The effect of abutment geometry and application of submerged vanes on bridge abutment scour

Scouring may occur as a result of natural changes in the flow in the waterway or as a result of human activities such as construction of structures in the flow path or removal of bed materials.The Occurrence of scouring around the abutment is considered as one of the most important 4- this phenomenon, several methods have been proposed. In the present study, the effect of two parameters of the geometric shape of the bridge abutment, as well as the presence of submerged vanes with selected arrangements, on the amount of scour around the bridge abutment was investigated. Most of the methods that are used to control and reduce scouring are divided into two categories: methods of changing the flow pattern and methods of increasing bed resistance, and researchers have used each of these methods to reduce scouring.

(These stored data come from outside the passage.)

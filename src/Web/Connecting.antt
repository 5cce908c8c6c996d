-- ===== src/Web/Connecting.antt =====
-- The handlers of /api/connection, run alone and beside each other.
use query_smith.Prelude.{String, ◌≡◌, refl}
use query_smith.Prelude.Outcome.{Outcome, Exn, ok, err}
use query_smith.Float.{Float}
use query_smith.Db.QuerySafety.{Sqlglot}
use query_smith.Db.Connection.{ConnectionParams}
use query_smith.Adapter.Xml.{Lxml}
use query_smith.Web.Schemas.{ConnectionRequest, QueryRequest, ProposeFixRequest}
use query_smith.Web.Session.{not_connected, show_params}
use query_smith.Web.LastResult.{no_result}
use query_smith.Web.Handler.{Stores, reply, http_exception, connection_status, exec}
use query_smith.Web.Replies.{params_of, not_connected_status, status_of}
use query_smith.Web.App.{
  Services, create_connection, connected_as, get_connection, delete_connection, get_views,
  run_query, propose_fix,
}

module _ {F : Type 0} (sv : Services F) (s : Stores F) where
  connected_as-get_connection :
      (p : ConnectionParams F) (r : Outcome (Unit {0}))
      → r ≡ ok tt
      → (exec get_connection ((exec (connected_as p r) s).0)).1 ≡ (exec (connected_as p r) s).1
  unfolding get_connection status_of
  connected_as-get_connection p (ok done) e = refl
  connected_as-get_connection p (err raised) e = cc

  -- If the connection succeeds, `get_connection` afterwards replies what `create_connection` has
  -- replied.
  pub create_connection-get_connection :
      (body : ConnectionRequest F)
      → sv.connect_fn (params_of body) ≡ ok tt
      → let created = exec (create_connection sv body) s in
        (exec get_connection created.0).1 ≡ created.1
  unfolding create_connection
  create_connection-get_connection body e =
      connected_as-get_connection (params_of body) (sv.connect_fn (params_of body)) e

  connected_as_hides :
      (p : ConnectionParams F) (other : String) (r : Outcome (Unit {0}))
      → let given = exec (connected_as p r) s in
        let changed = exec (connected_as (record p { password = other }) r) s in
        (given.1 ≡ changed.1)
        × ((exec get_connection given.0).1 ≡ (exec get_connection changed.0).1)
  unfolding get_connection
  connected_as_hides p other (ok done) = (refl, refl)
  connected_as_hides p other (err (Exn.db_capture_error m)) = (refl, refl)
  connected_as_hides p other (err raised) = (refl, refl)

  -- If the connection has the same outcome with another password, the replies of
  -- `create_connection` and of `get_connection` after it are the same with both, and so are the
  -- parameters as Python shows them.
  pub create_connection_hides :
      (body : ConnectionRequest F) (other : String)
      → sv.connect_fn (params_of body)
        ≡ sv.connect_fn (params_of (record body { password = other }))
      → let given = exec (create_connection sv body) s in
        let changed = exec (create_connection sv (record body { password = other })) s in
        (given.1 ≡ changed.1)
        × ((exec get_connection given.0).1 ≡ (exec get_connection changed.0).1)
        × (show_params (params_of body)
            ≡ show_params (params_of (record body { password = other })))
  unfolding create_connection show_params
  create_connection_hides body other e =
      let (a, b) = connected_as_hides (params_of body) other (sv.connect_fn (params_of body)) in
      rw (← e) (a, b, refl)

module _ (lx : Lxml) (sg : Sqlglot) {F : Type 0} ⦃fl : Float F⦄ where
  -- After `delete_connection`, whatever the stores held, `get_connection` replies that there is no
  -- connection, and `get_views`, `run_query` and `propose_fix` reply with status 409.
  pub delete_connection-Refuses :
      (sv : Services F) (body : QueryRequest F) (fix : ProposeFixRequest F) (s : Stores F)
      → let deleted = (exec delete_connection s).0 in
        ((exec get_connection deleted).1 ≡ reply (connection_status not_connected_status))
        × ((exec (get_views sv) deleted).1 ≡ http_exception 409 not_connected)
        × ((exec (run_query lx sv body) deleted).1 ≡ http_exception 409 not_connected)
        × ((exec (propose_fix sg sv fix) deleted).1 ≡ http_exception 409 no_result)
  unfolding delete_connection get_connection get_views run_query propose_fix
  delete_connection-Refuses sv body fix s = (refl, refl, refl, refl)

In this research, a physical model of four different shapes including 90 degree rectangular, rectangular abutment with fin-wall with 60 degree flow line, rectangular abutment with fin- wall with 45 degree flow line and rectangular abutment with circular fins was designed and built. Submerged vanes were also tested in four different arrangements of parallel rows, zigzag rows, oblique zigzag and pine, in two Submergence ratios of 2 and 3 and at an angle of 20° to the flow on each of the four abutments, at constant discharge. The tests were performed at a flow rate of 34 liters per second and a water depth of 12 cm. The criterion of the equilibrium time in these experiments is the same criterion that Kumar et al. considered in their research, and it is equal to the time when the changes in scouring depth do not exceed one millimeter in three consecutive hours. Therefore, in the current research, by conducting a 12-hour test for each of the abutmentmodes, this duration was estimated to be 5 hours for all four types of abutment. All the experiments of this research were done in clear water conditions. At the beginning of the tests, four control tests were performed with the support in four different states and without the submerged vanes. After completing the tests, the maximum scouring depth for each abutment was obtained as follows: the maximum relative scouring depth of the rectangular abutments 90° 1.01, the maximum scouring depth of the rectangular abutment of the fin wall of the flow line 60° 0.43, The rectangular abutment of the fin wall of the 45 degree flow line was 0.41 and the rectangular abutment with circular fins was 0.36. In the following tests, for each of the different support states, the length and width of the scour hole were measured separately for four different arrangements of sunken plates, in two absorption ratios of 2 and 3.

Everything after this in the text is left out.